After two or three successive errors in a single dialog state (regardless of the type of error), it is unlikely the caller is going to recover. In fact, hang-up rates are very high after a few rejects. For this reason, every application should have defined behavior for what to do when a maximum number of errors has been reached. For example, if live agents are available, the application might transfer callers to an agent after they have experienced three successive rejects. In the high-level design phase you should establish three thresholds: the maximum number of successive errors in a single dialog state (the state-specific error count), the maximum number of errors counted globally, and the maximum number of disconfirmations (responses of "No" in confirmation states).

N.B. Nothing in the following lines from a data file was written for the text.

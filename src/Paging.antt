-- ===== src/Paging.antt =====
-- xinu-fall2022-paging/system/pagingidx.c and pagingmgmt.c: the entries of an address, and the
-- making of page tables and directories.
pub mod Fault
pub mod Handler
pub mod Map
pub mod Evict
pub mod Restore
pub mod RoundTrip
pub mod Swap
pub mod Fresh
pub mod Tables
use virtual_memory_xinu_f.Base.{
  ℕ, zero, suc, ◌+◌, ◌*◌, ◌<◌, ◌≡◌, Bool, true, false, Option, none, some, ◌==◌, if◌then◌else◌,
  update, for_range, Status, ok, syserr,
}
use virtual_memory_xinu_f.Frames.{
  d, FrameTable, PteAddr, nentries, getfreeframe, invtakeframe, invfreeframe, init_invpt,
}
use virtual_memory_xinu_f.Memory.{
  Pde, Pte, PdeAddr, Memory, base20, to_fidx16, pd_index, pt_index, load_pde, store_pde, load_pte,
  store_pte, clear_page,
}
use virtual_memory_xinu_f.Kernel.{Kernel, Proc}

unfoldable pub getpde : ℕ → Kernel → PdeAddr
getpde a k = record { dir = (k.proctab k.currpid).prpd; slot = pd_index a }

unfoldable pub getpte : ℕ → Kernel → PteAddr
unfolding getpde
getpte a k = record { table = (load_pde (getpde a k) k.mem).pd_base; slot = pt_index a }

unfoldable pub getframenum : ℕ → Kernel → ℕ
unfolding getpte
getframenum a k = to_fidx16 (load_pte (getpte a k) k.mem).pt_base

unfoldable pub deletept : PdeAddr → Kernel → Kernel
deletept p k =
    let (_, fr) = invfreeframe (to_fidx16 (load_pde p k.mem).pd_base) k.frames in
    record k {
      frames = fr;
      mem = store_pde p (record (load_pde p k.mem) { pd_pres = false }) k.mem;
    }

-- What `newpt` and `newpd` begin with: a frame of D, occupied by the process. SYSERR is `none`.
abbrev pub take_d : ℕ → Option ℕ × FrameTable → Option ℕ × FrameTable
take_d pid (none, fr) = (none, fr)
take_d pid (some f, fr) =
    let (st, fr') = invtakeframe f pid none fr in
    elim st [ ok ↦ (some f, fr') | syserr ↦ (none, fr') ]

abbrev pub cleared : Option ℕ × FrameTable → Kernel → Option ℕ × Kernel
cleared (none, fr) k = (none, record k { frames = fr })
cleared (some f, fr) k = (some f, record k { frames = fr; mem = clear_page f k.mem })

-- The result is the page of the new table.
unfoldable pub newpt : ℕ → Kernel → Option ℕ × Kernel
newpt pid k = cleared (take_d pid (getfreeframe d k.frames)) k

-- `pdptr[i].pd_pres = 1; pdptr[i].pd_base = page`.
abbrev share_table : ℕ → ℕ → ℕ → Memory → Memory
share_table f i page m =
    let p : PdeAddr = record { dir = f; slot = i } in
    store_pde p (record (load_pde p m) { pd_pres = true; pd_base = base20 page }) m

-- REGION_G_PD.
abbrev pub region_g_pd : ℕ
region_g_pd = 576

abbrev share_tables : Option ℕ × Kernel → Option ℕ × Kernel
share_tables (none, k) = (none, k)
share_tables (some f, k) = (
  some f,
  record k {
    mem =
        share_table f region_g_pd (k.identity_pt 4)
          (for_range 4 0 (λ i m. share_table f i (k.identity_pt i) m) k.mem);
  },
)

unfoldable pub newpd : ℕ → Kernel → Option ℕ × Kernel
unfolding newpt
newpd pid k = share_tables (newpt pid k)

-- init_paging.c. The base of entry `j` of the table `i`.
abbrev identity_base : ℕ → ℕ → ℕ
identity_base i j = if i == 4 then nentries * region_g_pd + j else nentries * i + j

abbrev identity_entries : ℕ → ℕ → Memory → Memory
identity_entries f i m =
    for_range nentries 0
      (λ j m.
        let p : PteAddr = record { table = f; slot = j } in
        store_pte p
          (record (load_pte p m) {
            pt_pres = true;
            pt_write = true;
            pt_base = base20 (identity_base i j);
          })
          m)
      m

abbrev set_identity : ℕ → Option ℕ × Kernel → Option Kernel
set_identity i (none, k) = none
set_identity i (some f, k) =
    some (record k { mem = identity_entries f i k.mem; identity_pt = update k.identity_pt i f })

-- `__identity_pt_init`, with `n` tables left to make, the next one with the number `i`; a SYSERR is
-- `none`.
unfoldable pub identity_pt_init : ℕ → ℕ → Kernel → Option Kernel
unfolding newpt
identity_pt_init zero i k = some k
identity_pt_init (suc n) i k = elim (set_identity i (newpt 0 k)) [
  | none ↦ none
  | some k' ↦ identity_pt_init n (i + 1) k'
]

-- `init_paging`, up to the loading of CR3, the setting of the fault handler and the enabling of
-- paging, which are the hardware's. `none` is the panic; a directory that cannot be made leaves the
-- pointer (pd_t *) SYSERR, whose page is 2^20 - 1.
abbrev page_or_syserr : Option ℕ → ℕ
page_or_syserr none = 0xfffff
page_or_syserr (some f) = f

abbrev install_pd : Option ℕ × Kernel → Kernel
install_pd (got, k) = record k {
  proctab = update k.proctab 0 (record (k.proctab 0) { prpd = page_or_syserr got });
}

unfoldable pub init_paging : Kernel → Option Kernel
unfolding identity_pt_init newpd
init_paging k = elim (identity_pt_init 5 0 (record k { frames = init_invpt k.frames })) [
  | none ↦ none
  | some k' ↦ some (install_pd (newpd 0 k'))
]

A typical number for the state-specific error count is three. Designers differ on whether the three errors should be of the same type. We recommend that any error count toward the maximum error threshold. An exception might be in an initial dialog state for a newly deployed system. Sometimes callers are caught off-guard by the new system, especially one that is expecting the caller to talk to it. In these situations it is sometimes better to customize the threshold and corresponding behavior for no-speech timeout errors.

For disconfirmations, a default limit of two is recommended (this is based on hang-up rates from real deployments). When the threshold is reached, it is a good idea to send callers directly to an agent if one is available.

5.2.2 Universals

Universals are commands that are always available in an application. The most common universal is "Help." Most applications allow the caller to say "Help" at any time, in any dialog state. In response to "Help," the application provides the caller with detailed instructions specific to the current dialog state.

There is a set of six universals that we recommend for all applications: help, repeat, main-menu/start-over, go-back, operator, and good-bye. Chapter 9 covers the motivation for this standard set of universals and explains how to use them. During high-level design, your task is to decide whether to use these standard universals and whether to supplement them with any universals that have particular relevance for the application. For example, a stock trading application may use "broker" as a universal so that the caller can always get directly to a live broker.

5.2.3 Login

Although not as pervasive as error handling and universals, login strategies can have an effect on many parts of certain applications. (Login is the part of some applications that gathers information such as account numbers and PINs from callers.) The decision to be made is whether to log in callers at the beginning of the interaction or wait until they want to do something that requires secure information (often called delayed login). There are pros and cons to each approach.

The benefit of up-front login is that the designer can customize the system's behavior for that individual or class of caller. For example, if the caller has not set up automatic payments, the system does not have to offer automatic payment options related to managing an existing account. The application can also be intelligent about the help strategy and can even adjust the prompt detail depending on whether the caller is a novice or expert user.

A disadvantage of this type of login is that callers must provide personal information even if they want to do something generally available, such as getting a stock quote. This takes time. Often, users forget their PINs and have a difficult time getting into their accounts. This can be frustrating if all they want to do is a simple task that does not require account information.

The opposite is true for delayed login. Although callers are not bothered with remembering account numbers, PINs, and passcodes, they may have to wade through irrelevant options in menus, and often experts must use dialogs designed for novices.

Your choice of login approach depends greatly on the application's key design criteria and how easy or difficult it is for users to remember or access the required login information.